Include the ability to handle missing values (i.e., if an NA is provided, return a message saying that values are missing and the hemisphere cannot be determined.)

Provide five examples that demonstrate the functionality for all the possible message options.

Review assignment

Note: This exercise will combine all the skills you’ve learned for for loops, if statements, and writing functions into a real-world data science scenario. Buckle up!

You are working at the Center for Disease Control. Your supervisor has asked you to take a look at state-level data on infectious diseases within the United States in the last century. Specifically, she wants you to address the following questions and requests:

  1. In the last 90 years, which states have had the highest average prevalence of measles, pertussis (whooping cough), and smallpox in proportion to their population sizes? Which have had the lowest?

  2. Provide beautiful plots showing trends in the prevalence of these diseases over the last century. Produce a single plot for each state, with three lines representing the time series for each disease of interest. Save each plot as a pdf into a folder named state-level-summaries. Name each pdf using the state’s name.

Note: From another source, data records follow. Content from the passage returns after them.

-- ===== src/ControlPlane/Migration/Tests.antt =====
-- An import, a cancellation and another import, and instances of the theorems.
use roambench.Base.{ℕ, ◌≡◌, refl, none, Option, [], ◌∷◌, ◌++◌, map}
use roambench.Base.Text.{Text, codes, text_eq, has_prefix, trim_space, to_lower}
use roambench.ControlPlane.Db.{resolved, pending, Status, Interaction, Db}
use roambench.ControlPlane.Interactions.{
  Request, to_create, to_respond, to_cancel, close_interaction, insert_audit, insert_outbox,
}
use roambench.ControlPlane.Interactions.Close.{cancel_row, cancel_rows, cancel_session}
use roambench.ControlPlane.Interactions.Create.{same_interaction}
use roambench.ControlPlane.Interactions.History.{Step}
use roambench.ControlPlane.Migration.{
  LegacyCheckpoint, Snapshot, legacy_status, legacy_action, is_newer, each,
}
use roambench.ControlPlane.Migration.Persists.{Grows}
use roambench.ControlPlane.Migration.Statements.{
  add_message, add_response, add_decision, add_projection,
}
use roambench.ControlPlane.Migration.Import.{
  normalized_time, imported_row, import_again, import_checkpoint, answer_row, answer_rows,
  resolve_rows, import_decision, import_event, import_all, import_legacy_approvals,
}
use roambench.ControlPlane.Migration.History.{Write, Reach, Reach-Grows}

abbrev empty_db : Db
empty_db = record {
  interactions = [];
  responses = [];
  decisions = [];
  audit_events = [];
  outbox_events = [];
  response_keys = [];
  post_keys = [];
  projections = [];
}

-- A digest that tells the requests below apart.
abbrev digest : Request → Text
digest (to_create r) = 0 ∷ r.title
digest (to_respond id i) = 1 ∷ id ++ i.action
digest (to_cancel id version reason) = 2 ∷ id ++ reason

-- No text is read as a time.
abbrev no_time : Text → Option ℕ
no_time t = none

abbrev one_digit : ℕ → Text
one_digit n = n ∷ []

abbrev waiting : LegacyCheckpoint
waiting = record {
  id = codes "c";
  task_id = codes "t";
  kind = codes "final_acceptance";
  title = codes "Review";
  reason = [];
  status = codes "pending";
  requested_at = [];
  allowed_actions = codes "approve" ∷ [];
  row_version = 1;
  input_hash = codes "h";
}

abbrev first : Snapshot
first = record {
  username = codes "ann";
  source_hash = codes "x";
  checkpoints = waiting ∷ [];
  decisions = [];
  audit_events = [];
}

-- The same checkpoint, still pending but at a later version, and a decision on it.
abbrev second : Snapshot
second = record first {
  checkpoints = record waiting { row_version = 7 } ∷ [];
  decisions =
      record {
        id = codes "d";
        decision_type = codes "checkpoint_Approved";
        actor = codes "human";
        timestamp = [];
        summary = [];
        checkpoint_id = codes "c";
      }
      ∷ [];
}

abbrev imported : Db
imported = (import_legacy_approvals no_time one_digit 5 first empty_db).1

abbrev withdrawn : Db
withdrawn =
    (cancel_session (λ i k. i ∷ k ∷ []) 8 (codes "ann") (codes "project-control") (codes "gone")
      imported).1

abbrev imported_again : Db
imported_again = (import_legacy_approvals no_time one_digit 9 second withdrawn).1

Reach-Grows_example : Grows imported.interactions imported_again.interactions
Reach-Grows_example = Reach-Grows {digest = digest} (
    Reach.next
      (Reach.next Reach.here (
        Write.by_request (
          Step.cancel_all (λ i k. i ∷ k ∷ []) 8 (codes "ann") (codes "project-control")
            (codes "gone") refl)))
      (Write.by_import no_time one_digit 9 second refl))

abbrev summary : Interaction → Status × ℕ × Text
summary r = (r.status, r.row_version, r.final_action)

imported_open : map summary imported.interactions ≡ (pending, 1, []) ∷ []
unfolding import_legacy_approvals import_all import_checkpoint import_event import_again
    imported_row add_message each legacy_status normalized_time same_interaction text_eq trim_space
imported_open = refl

-- The pending checkpoint does not open the cancelled row, and the decision resolves it at its version.
decision_resolves_cancelled :
    map summary imported_again.interactions ≡ (resolved, 2, codes "approve") ∷ []
unfolding import_legacy_approvals import_all import_checkpoint import_event import_again
    imported_row add_message each legacy_status normalized_time same_interaction text_eq trim_space
    is_newer import_decision answer_rows answer_row add_response add_decision resolve_rows
    legacy_action add_projection cancel_session cancel_rows cancel_row close_interaction
    insert_audit insert_outbox to_lower has_prefix
decision_resolves_cancelled = refl
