-- ===== src/ControlPlane/Progress.antt =====
-- The progress feed of a task: internal/controlplane/progress.go and the table task_progress. The
-- table is the list of its rows in insertion order.
pub mod Bounded
pub mod Isolation
pub mod Order
mod Tests
use roambench.Base.{
  ℕ, Bool, true, false, ◌&&◌, ◌||◌, not, List, [], ◌∷◌, ◌++◌, map, any, filter, take, ltb, leb,
  ◌==◌, if◌then◌else◌,
}
use roambench.Base.Text.{Text, codes, text_eq, is_empty, trim_space}
use roambench.ControlPlane.Errors.{Result, ok, err, validation}

-- A row; TaskProgress is what a reader sees of it. A sequence number below zero acts as 0.
pub record TaskProgress : Type 0 where
  pub username : Text
  pub task_id : Text
  pub seq : ℕ
  pub kind : Text
  pub text : Text
  pub created_at : ℕ

-- taskProgressLimit.
abbrev pub task_progress_limit : ℕ
task_progress_limit = 50

abbrev pub of_task : Text → Text → TaskProgress → Bool
of_task user task p = text_eq p.username user && text_eq p.task_id task

-- The primary key.
abbrev pub at_seq : Text → Text → ℕ → TaskProgress → Bool
at_seq user task seq p = of_task user task p && p.seq == seq

-- `INSERT INTO task_progress ... ON CONFLICT(username, task_id, seq) DO UPDATE`.
unfoldable pub upsert : TaskProgress → List TaskProgress → List TaskProgress
upsert p t =
    let test = at_seq p.username p.task_id p.seq in
    if any test t
    then map
        (λ q.
          if test q
          then record q { kind = p.kind; text = p.text; created_at = p.created_at }
          else q)
        t
    else t ++ p ∷ []

-- `ORDER BY seq DESC`.
unfoldable pub insert_newest : TaskProgress → List TaskProgress → List TaskProgress
insert_newest p [] = p ∷ []
insert_newest p (q ∷ qs) = if leb q.seq p.seq then p ∷ q ∷ qs else q ∷ insert_newest p qs

unfoldable pub newest_first : List TaskProgress → List TaskProgress
newest_first [] = []
newest_first (p ∷ ps) = insert_newest p (newest_first ps)

-- `seq IN (...)`.
abbrev pub is_among : List TaskProgress → ℕ → Bool
is_among ps seq = any (λ p. p.seq == seq) ps

-- `DELETE FROM task_progress WHERE ... AND seq NOT IN (...)`.
unfoldable pub prune : Text → Text → List TaskProgress → List TaskProgress
prune user task t =
    let kept = take task_progress_limit (newest_first (filter (of_task user task) t)) in
    filter (λ p. not (of_task user task p) || is_among kept p.seq) t

-- `AddTaskProgress`.
unfoldable pub add_task_progress :
    ℕ → Text → Text → ℕ → Text → Text → List TaskProgress → Result (List TaskProgress)
add_task_progress now user task seq kind text t =
    let user' = trim_space user in
    let task' = trim_space task in
    let kind' = trim_space (trim_space kind) in
    let text' = trim_space text in
    let p : TaskProgress = record {
      username = user';
      task_id = task';
      seq = seq;
      kind = if is_empty kind' then codes "raw" else kind';
      text = take 8192 text';
      created_at = now;
    } in
    if is_empty user' || is_empty task'
    then err validation
    else if ltb seq 1
    then err validation
    else if is_empty text'
    then ok t
    else ok (prune user' task' (upsert p t))

-- `ListTaskProgress`.
unfoldable pub list_task_progress : Text → Text → ℕ → List TaskProgress → Result (List TaskProgress)
list_task_progress user task after_seq t =
    let user' = trim_space user in
    let task' = trim_space task in
    if is_empty user' || is_empty task'
    then err validation
    else ok (
        take task_progress_limit
          (newest_first (filter (λ p. of_task user' task' p && ltb after_seq p.seq) t)))

-- `ClearTaskProgress`.
unfoldable pub clear_task_progress : Text → Text → List TaskProgress → List TaskProgress
clear_task_progress user task t = filter (λ p. not (of_task user task p)) t
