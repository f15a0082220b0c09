-- ===== src/ControlPlane/Progress/Isolation.antt =====
-- The feeds of different tasks (internal/controlplane/progress.go).
use roambench.Base.{
  ℕ, ◌≡◌, refl, ◌∙◌, Bool, true, false, ◌&&◌, inl, inr, ◌⊎◌, List, [], ◌∷◌, ◌++◌, map, any, filter,
  take, if◌then◌else◌, arith, Bool-cases,
}
use roambench.Base.Text.{Text, codes, text_eq, text_eq_iff, is_empty, trim_space}
use roambench.ControlPlane.Errors.{ok}
use roambench.ControlPlane.Progress.{
  TaskProgress, of_task, at_seq, upsert, prune, add_task_progress,
}

-- A feed, row by row in the order of the table.
abbrev pub feed : Text → Text → List TaskProgress → List TaskProgress
feed user task t = filter (of_task user task) t

-- Two pairs of a user and a task differ.
abbrev pub Apart : Text → Text → Text → Text → Type 0
Apart user task u k = (text_eq user u && text_eq task k) ≡ false

filter-kept :
    (p q : TaskProgress → Bool) (t : List TaskProgress)
    → ((r : TaskProgress) → p r ≡ true → q r ≡ true)
    → filter p (filter q t) ≡ filter p t
filter-kept p q [] h = refl
filter-kept p q (r ∷ t) h = elim (Bool-cases (p r)) [
  | inl hit ↦ ground (arith, filter-kept p q t h, h r hit)
  | inr miss ↦ ground (arith, filter-kept p q t h)
]

other-task :
    (user task u k : Text) (r : TaskProgress)
    → Apart user task u k
    → of_task u k r ≡ true
    → of_task user task r ≡ false
other-task user task u k r a h = ground (
  arith,
  text_eq_iff r.username u,
  text_eq_iff r.task_id k,
  text_eq_iff r.username user,
  text_eq_iff r.task_id task,
  text_eq_iff user u,
  text_eq_iff task k,
)

filter-map_other :
    (p q : TaskProgress → Bool) (f : TaskProgress → TaskProgress) (t : List TaskProgress)
    → ((r : TaskProgress) → p (f r) ≡ p r)
    → ((r : TaskProgress) → p r ≡ true → q r ≡ false)
    → filter p (map (λ r. if q r then f r else r) t) ≡ filter p t
filter-map_other p q f [] same out = refl
filter-map_other p q f (r ∷ t) same out = elim (Bool-cases (q r)) [
  | inl hit ↦ elim (Bool-cases (p r)) [
    | inl bad ↦ absurd (ground (arith, out r bad))
    | inr out_of ↦ ground (arith, filter-map_other p q f t same out, same r)
  ]
  | inr miss ↦ ground (arith, filter-map_other p q f t same out)
]

filter-snoc :
    (p : TaskProgress → Bool) (t : List TaskProgress) (r : TaskProgress)
    → p r ≡ false
    → filter p (t ++ r ∷ []) ≡ filter p t
filter-snoc p [] r h = ground arith
filter-snoc p (x ∷ t) r h = ground (arith, filter-snoc p t r h)

upsert-other :
    (p : TaskProgress) (u k : Text) (t : List TaskProgress)
    → Apart p.username p.task_id u k
    → feed u k (upsert p t) ≡ feed u k t
unfolding upsert
upsert-other p u k t a =
    let test = at_seq p.username p.task_id p.seq in
    let f = λ (q : TaskProgress). (record q {
      kind = p.kind;
      text = p.text;
      created_at = p.created_at;
    }) in
    elim (Bool-cases (any test t)) [
      | inl held ↦ rw held (
          filter-map_other (of_task u k) test f t (λ r. refl)
            (λ r h. ground (arith, other-task p.username p.task_id u k r a h)))
      | inr free ↦ rw free (
          filter-snoc (of_task u k) t p (
            ground (
              arith,
              other-task p.username p.task_id u k p a,
              text_eq_iff p.username u,
              text_eq_iff p.task_id k,
            )))
    ]

prune-other :
    (user task u k : Text) (t : List TaskProgress)
    → Apart user task u k
    → feed u k (prune user task t) ≡ feed u k t
unfolding prune
prune-other user task u k t a =
    filter-kept (of_task u k) _ t (λ r h. ground (arith, other-task user task u k r a h))

-- What a call that succeeds leaves: the table as it was for a blank text, otherwise the row, with the feed
-- pruned.
pub add_task_progress-ok :
    (now : ℕ) (user task : Text) (seq : ℕ) (kind text : Text) (t t' : List TaskProgress)
    → add_task_progress now user task seq kind text t ≡ ok t'
    → ((is_empty (trim_space text) ≡ true) × (t' ≡ t))
      ⊎ ((is_empty (trim_space text) ≡ false)
          × (t'
              ≡ prune (trim_space user) (trim_space task) (
                  upsert
                    (record {
                      username = trim_space user;
                      task_id = trim_space task;
                      seq = seq;
                      kind =
                          (if is_empty (trim_space (trim_space kind))
                            then codes "raw"
                            else trim_space (trim_space kind));
                      text = take 8192 (trim_space text);
                      created_at = now;
                    })
                    t)))
unfolding add_task_progress
add_task_progress-ok now user task seq kind text t t' e = ground arith

-- What is added to the feed of a task, or pruned from it, leaves the feed of every other task and user as
-- it was.
pub add_task_progress-other :
    (now : ℕ) (user task : Text) (seq : ℕ) (kind text u k : Text) (t t' : List TaskProgress)
    → Apart (trim_space user) (trim_space task) u k
    → add_task_progress now user task seq kind text t ≡ ok t'
    → feed u k t' ≡ feed u k t
add_task_progress-other now user task seq kind text u k t t' a e =
    let user' = trim_space user in
    let task' = trim_space task in
    elim (add_task_progress-ok now user task seq kind text t t' e) [
      | inl (blank, same) ↦ rw same refl
      | inr (stored, same) ↦ rw same (prune-other user' task' u k _ a ∙ upsert-other _ u k t a)
    ]
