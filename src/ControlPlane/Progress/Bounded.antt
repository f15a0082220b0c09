-- ===== src/ControlPlane/Progress/Bounded.antt =====
-- How long a feed gets.
use roambench.Base.{
  count-filter, count-map, count-snoc, count-none, ℕ, suc, ◌+◌, ◌≤◌, ◌≡◌, refl, ap, Bool, true,
  false, ◌&&◌, ◌||◌, not, inl, inr, List, [], ◌∷◌, any, filter, take, arith, Bool-cases, ◌==◌,
  count, length, zero,
}
use roambench.Base.Text.{Text, text_eq, text_eq_iff, trim_space}
use roambench.ControlPlane.Errors.{ok}
use roambench.ControlPlane.Progress.{
  TaskProgress, task_progress_limit, of_task, at_seq, upsert, newest_first, is_among, prune,
  add_task_progress, clear_task_progress,
}
use roambench.ControlPlane.Progress.Isolation.{feed, add_task_progress-ok, add_task_progress-other}

-- The primary key is unique.
abbrev pub IsValid : List TaskProgress → Type 0
IsValid t = (user task : Text) (seq : ℕ) → count (at_seq user task seq) t ≤ 1

-- The feed of a task is within its limit.
abbrev pub IsBounded : Text → Text → List TaskProgress → Type 0
IsBounded user task t = count (of_task user task) t ≤ task_progress_limit

at_seq-own :
    (p : TaskProgress) (user task : Text) (seq : ℕ)
    → at_seq user task seq p ≡ true
    → (user ≡ p.username) × (task ≡ p.task_id) × (seq ≡ p.seq)
at_seq-own p user task seq h =
    ground (arith, text_eq_iff p.username user, text_eq_iff p.task_id task)

upsert-IsValid : (p : TaskProgress) (t : List TaskProgress) → IsValid t → IsValid (upsert p t)
unfolding upsert
upsert-IsValid p t v user task seq =
    let test = at_seq p.username p.task_id p.seq in
    let f = λ (q : TaskProgress). (record q {
      kind = p.kind;
      text = p.text;
      created_at = p.created_at;
    }) in
    elim (Bool-cases (any test t)) [
      | inl held ↦
          rw held
            (omega (arith, count-map (at_seq user task seq) test f t (λ r. refl), v user task seq))
      | inr free ↦
          rw (free, count-snoc (at_seq user task seq) t p)
            (elim (Bool-cases (at_seq user task seq p)) [
              | inl own ↦
                  let (a, b, c) = at_seq-own p user task seq own in
                  let none_yet : count (at_seq user task seq) t ≡ 0 =
                    rw (a, b, c) (count-none test t free) in
                  ground arith
              | inr other ↦ ground (arith, v user task seq)
            ])
    ]

prune-IsValid : (user task : Text) (t : List TaskProgress) → IsValid t → IsValid (prune user task t)
unfolding prune
prune-IsValid user task t v u k s = omega (arith, count-filter (at_seq u k s) _ t, v u k s)

length-take_le : (n : ℕ) (ps : List TaskProgress) → length (take n ps) ≤ n
length-take_le zero ps = omega arith
length-take_le (suc n) [] = omega arith
length-take_le (suc n) (p ∷ ps) = omega (arith, length-take_le n ps)

count-blank :
    (user task : Text) (t : List TaskProgress) → count (λ r. of_task user task r && false) t ≡ 0
count-blank user task [] = refl
count-blank user task (r ∷ t) = ground (arith, count-blank user task t)

count-or :
    (o p q : TaskProgress → Bool) (t : List TaskProgress)
    → count (λ r. o r && (p r || q r)) t ≤ count (λ r. o r && p r) t + count (λ r. o r && q r) t
count-or o p q [] = omega arith
count-or o p q (r ∷ t) = ground (arith, count-or o p q t)

count-same :
    (user task : Text) (n : ℕ) (t : List TaskProgress)
    → count (λ r. of_task user task r && n == r.seq) t ≡ count (at_seq user task n) t
count-same user task n [] = refl
count-same user task n (r ∷ t) = ground (arith, count-same user task n t)

-- Rows whose numbers are among those of a list are no more than the list is long.
count-among :
    (user task : Text) (t ps : List TaskProgress)
    → IsValid t
    → count (λ r. of_task user task r && is_among ps r.seq) t ≤ length ps
count-among user task t [] v = omega (arith, count-blank user task t)
count-among user task t (p ∷ ps) v = omega (
  arith,
  count-or (of_task user task) (λ r. p.seq == r.seq) (λ r. is_among ps r.seq) t,
  count-among user task t ps v,
  count-same user task p.seq t,
  v user task p.seq,
)

count-prune :
    (q o : TaskProgress → Bool) (t : List TaskProgress)
    → count o (filter (λ r. not (o r) || q r) t) ≡ count (λ r. o r && q r) t
count-prune q o [] = refl
count-prune q o (r ∷ t) = ground (arith, count-prune q o t)

prune-IsBounded :
    (user task : Text) (t : List TaskProgress) → IsValid t → IsBounded user task (prune user task t)
unfolding prune
prune-IsBounded user task t v =
    let newest = newest_first (filter (of_task user task) t) in
    let kept = take task_progress_limit newest in
    omega (
      arith,
      count-prune (λ r. is_among kept r.seq) (of_task user task) t,
      count-among user task t kept v,
      length-take_le task_progress_limit newest,
    )

count-feed :
    (user task : Text) (t : List TaskProgress)
    → count (of_task user task) t ≡ length (feed user task t)
count-feed user task [] = refl
count-feed user task (r ∷ t) = ground (arith, count-feed user task t)

-- The calls that change the table.
pub data Step : List TaskProgress → List TaskProgress → Type 0 where
  add :
      {t u : List TaskProgress} (now : ℕ) (user task : Text) (seq : ℕ) (kind text : Text)
      → add_task_progress now user task seq kind text t ≡ ok u
      → Step t u
  clear :
      {t u : List TaskProgress} (user task : Text) → u ≡ clear_task_progress user task t → Step t u

pub data Reach : List TaskProgress → Type 0 where
  start : Reach []
  next : {t u : List TaskProgress} → Reach t → Step t u → Reach u

-- What holds of the table between calls.
abbrev pub IsKept : List TaskProgress → Type 0
IsKept t = IsValid t × ((user task : Text) → IsBounded user task t)

add-IsKept :
    (now : ℕ) (user task : Text) (seq : ℕ) (kind text : Text) (t u : List TaskProgress)
    → IsKept t
    → add_task_progress now user task seq kind text t ≡ ok u
    → IsKept u
add-IsKept now user task seq kind text t u k e =
    elim (add_task_progress-ok now user task seq kind text t u e) [
      | inl (blank, same) ↦ rw same k
      | inr (stored, same) ↦
          let valid = upsert-IsValid _ t k.0 in
          (
            rw same (prune-IsValid (trim_space user) (trim_space task) _ valid),
            λ w x. elim (Bool-cases (text_eq (trim_space user) w && text_eq (trim_space task) x)) [
              | inl own ↦
                  let mine = prune-IsBounded (trim_space user) (trim_space task) _ valid in
                  ground (
                    arith,
                    same,
                    mine,
                    text_eq_iff (trim_space user) w,
                    text_eq_iff (trim_space task) x,
                  )
              | inr other ↦
                  let f = add_task_progress-other now user task seq kind text w x t u other e in
                  omega (arith, count-feed w x t, count-feed w x u, ap length f, k.1 w x)
            ],
          )
    ]

Step-IsKept : {t u : List TaskProgress} → Step t u → IsKept t → IsKept u
unfolding clear_task_progress
Step-IsKept {t} {u} (add now user task seq kind text e) k =
    add-IsKept now user task seq kind text t u k e
Step-IsKept {t} {u} (clear user task e) k = (
  λ w x s.
      rw e
        (omega (arith, count-filter (at_seq w x s) (λ p. not (of_task user task p)) t, k.0 w x s)),
  λ w x.
      rw e (omega (arith, count-filter (of_task w x) (λ p. not (of_task user task p)) t, k.1 w x)),
)

Reach-IsKept : {t : List TaskProgress} → Reach t → IsKept t
Reach-IsKept start = (λ w x s. omega arith, λ w x. omega arith)
Reach-IsKept (next r s) = Step-IsKept s (Reach-IsKept r)

-- However events are added to the feeds of any tasks and feeds are cleared, no two rows of a task have the
-- same number, and no task has more rows than the limit.
pub Reach-IsBounded :
    {t : List TaskProgress}
    → Reach t
    → (user task : Text) → ((seq : ℕ) → count (at_seq user task seq) t ≤ 1) × IsBounded user task t
Reach-IsBounded {t} r user task = let k = Reach-IsKept r in (k.0 user task, k.1 user task)
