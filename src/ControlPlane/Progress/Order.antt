-- ===== src/ControlPlane/Progress/Order.antt =====
-- What a reader of a feed is shown.
use mathlib.Core.List.{Perm}
use mathlib.Core.List.Perm
use roambench.Base.{
  ℕ, suc, zero, ◌≤◌, ◌≡◌, refl, sym, ap, subst, ◌∙◌, ◌&&◌, ◌⊎◌, inl, inr, List, [], ◌∷◌, ◌++◌,
  filter, take, drop, leb, ltb, arith, Bool-cases, length, All, take-append-drop, leb→le, ⊤,
}
use roambench.Base.Text.{Text, trim_space}
use roambench.ControlPlane.Errors.{ok}
use roambench.ControlPlane.Progress.{
  TaskProgress, task_progress_limit, of_task, insert_newest, newest_first, list_task_progress,
}

-- Later rows have no greater number.
abbrev pub IsDescending : List TaskProgress → Type 0
IsDescending [] = ⊤
IsDescending (p ∷ ps) = All (λ q. q.seq ≤ p.seq) ps × IsDescending ps

insert_newest-All :
    (P : TaskProgress → Type 0) (p : TaskProgress) (ps : List TaskProgress)
    → P p
    → All P ps
    → All P (insert_newest p ps)
unfolding insert_newest
insert_newest-All P p [] h hs = (h, tt)
insert_newest-All P p (q ∷ qs) h hs = elim (Bool-cases (leb q.seq p.seq)) [
  | inl le ↦ rw le (h, hs)
  | inr gt ↦ rw gt (hs.0, insert_newest-All P p qs h hs.1)
]

All-le :
    (m n : ℕ) (ps : List TaskProgress) → m ≤ n → All (λ q. q.seq ≤ m) ps → All (λ q. q.seq ≤ n) ps
All-le m n [] h hs = tt
All-le m n (p ∷ ps) h hs = (omega (arith, h, hs.0), All-le m n ps h hs.1)

insert_newest-IsDescending :
    (p : TaskProgress) (ps : List TaskProgress)
    → IsDescending ps
    → IsDescending (insert_newest p ps)
unfolding insert_newest
insert_newest-IsDescending p [] d = (tt, tt)
insert_newest-IsDescending p (q ∷ qs) d = elim (Bool-cases (leb q.seq p.seq)) [
  | inl le ↦ let h = leb→le q.seq p.seq le in rw le ((h, All-le q.seq p.seq qs h d.0), d)
  | inr gt ↦ rw gt (
    insert_newest-All (λ r. r.seq ≤ q.seq) p qs (ground arith) d.0,
    insert_newest-IsDescending p qs d.1,
  )
]

newest_first-IsDescending : (ps : List TaskProgress) → IsDescending (newest_first ps)
unfolding newest_first
newest_first-IsDescending [] = tt
newest_first-IsDescending (p ∷ ps) =
    insert_newest-IsDescending p (newest_first ps) (newest_first-IsDescending ps)

length-take_newest : (n : ℕ) (ps : List TaskProgress) → length (take n ps) ≤ n
length-take_newest zero ps = omega arith
length-take_newest (suc n) [] = omega arith
length-take_newest (suc n) (p ∷ ps) = omega (arith, length-take_newest n ps)

insert_newest-Perm :
    (p : TaskProgress) (ps : List TaskProgress) → Perm (insert_newest p ps) (p ∷ ps)
unfolding insert_newest
insert_newest-Perm p [] = Perm.refl (p ∷ [])
insert_newest-Perm p (q ∷ qs) = elim (Bool-cases (leb q.seq p.seq)) [
  | inl le ↦ rw le (Perm.refl (p ∷ q ∷ qs))
  | inr gt ↦ rw gt (Perm.trans (Perm.cons q (insert_newest-Perm p qs)) (Perm.swap p q qs))
]

newest_first-Perm : (ps : List TaskProgress) → Perm (newest_first ps) ps
unfolding newest_first
newest_first-Perm [] = Perm.refl []
newest_first-Perm (p ∷ ps) =
    Perm.trans (insert_newest-Perm p (newest_first ps)) (Perm.cons p (newest_first-Perm ps))

-- All the rows are taken, or as many as are asked for.
take-full : (n : ℕ) (ps : List TaskProgress) → (length (take n ps) ≡ n) ⊎ (drop n ps ≡ [])
take-full zero ps = inl refl
take-full (suc n) [] = inr refl
take-full (suc n) (p ∷ ps) = elim (take-full n ps) [
  | inl full ↦ inl (omega (arith, full))
  | inr none_left ↦ inr none_left
]

-- A feed that is listed is the newest part of the rows of the task that are newer than the number asked
-- for: with the rows that are left off it is exactly those rows, in falling order of their numbers;
-- it has no more rows than the limit, and some are left off only where it has as many as the limit.
pub list_task_progress-newest :
    (user task : Text) (after_seq : ℕ) (t ps : List TaskProgress)
    → list_task_progress user task after_seq t ≡ ok ps
    → (rest : List TaskProgress) × Perm
        (ps ++ rest)
        (filter (λ p. of_task (trim_space user) (trim_space task) p && ltb after_seq p.seq) t)
      × IsDescending (ps ++ rest)
      × (length ps ≤ task_progress_limit)
      × ((length ps ≡ task_progress_limit) ⊎ (rest ≡ []))
unfolding list_task_progress
list_task_progress-newest user task after_seq t ps e =
    let test =
      λ (p : TaskProgress). of_task (trim_space user) (trim_space task) p && ltb after_seq p.seq in
    let rows = newest_first (filter test t) in
    let rest = drop task_progress_limit rows in
    let same : take task_progress_limit rows ≡ ps = ground arith in
    let whole : rows ≡ ps ++ rest =
      sym (take-append-drop task_progress_limit rows) ∙ ap (λ z. z ++ rest) same in
    (
      rest,
      subst (λ z. Perm z (filter test t)) whole (newest_first-Perm (filter test t)),
      subst IsDescending whole (newest_first-IsDescending (filter test t)),
      rw (sym same) (length-take_newest task_progress_limit rows),
      rw (sym same) (take-full task_progress_limit rows),
    )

To do this work, your supervisor asks you to use the us_contagious_diseases dataset contained within the R package dslabs, which contains disease data from 1928-2011 for all states. To make sure the numbers reflect actual patterns, she asks you to only use prevalence numbers for years in which counts were made in more than 20 weeks out of the year.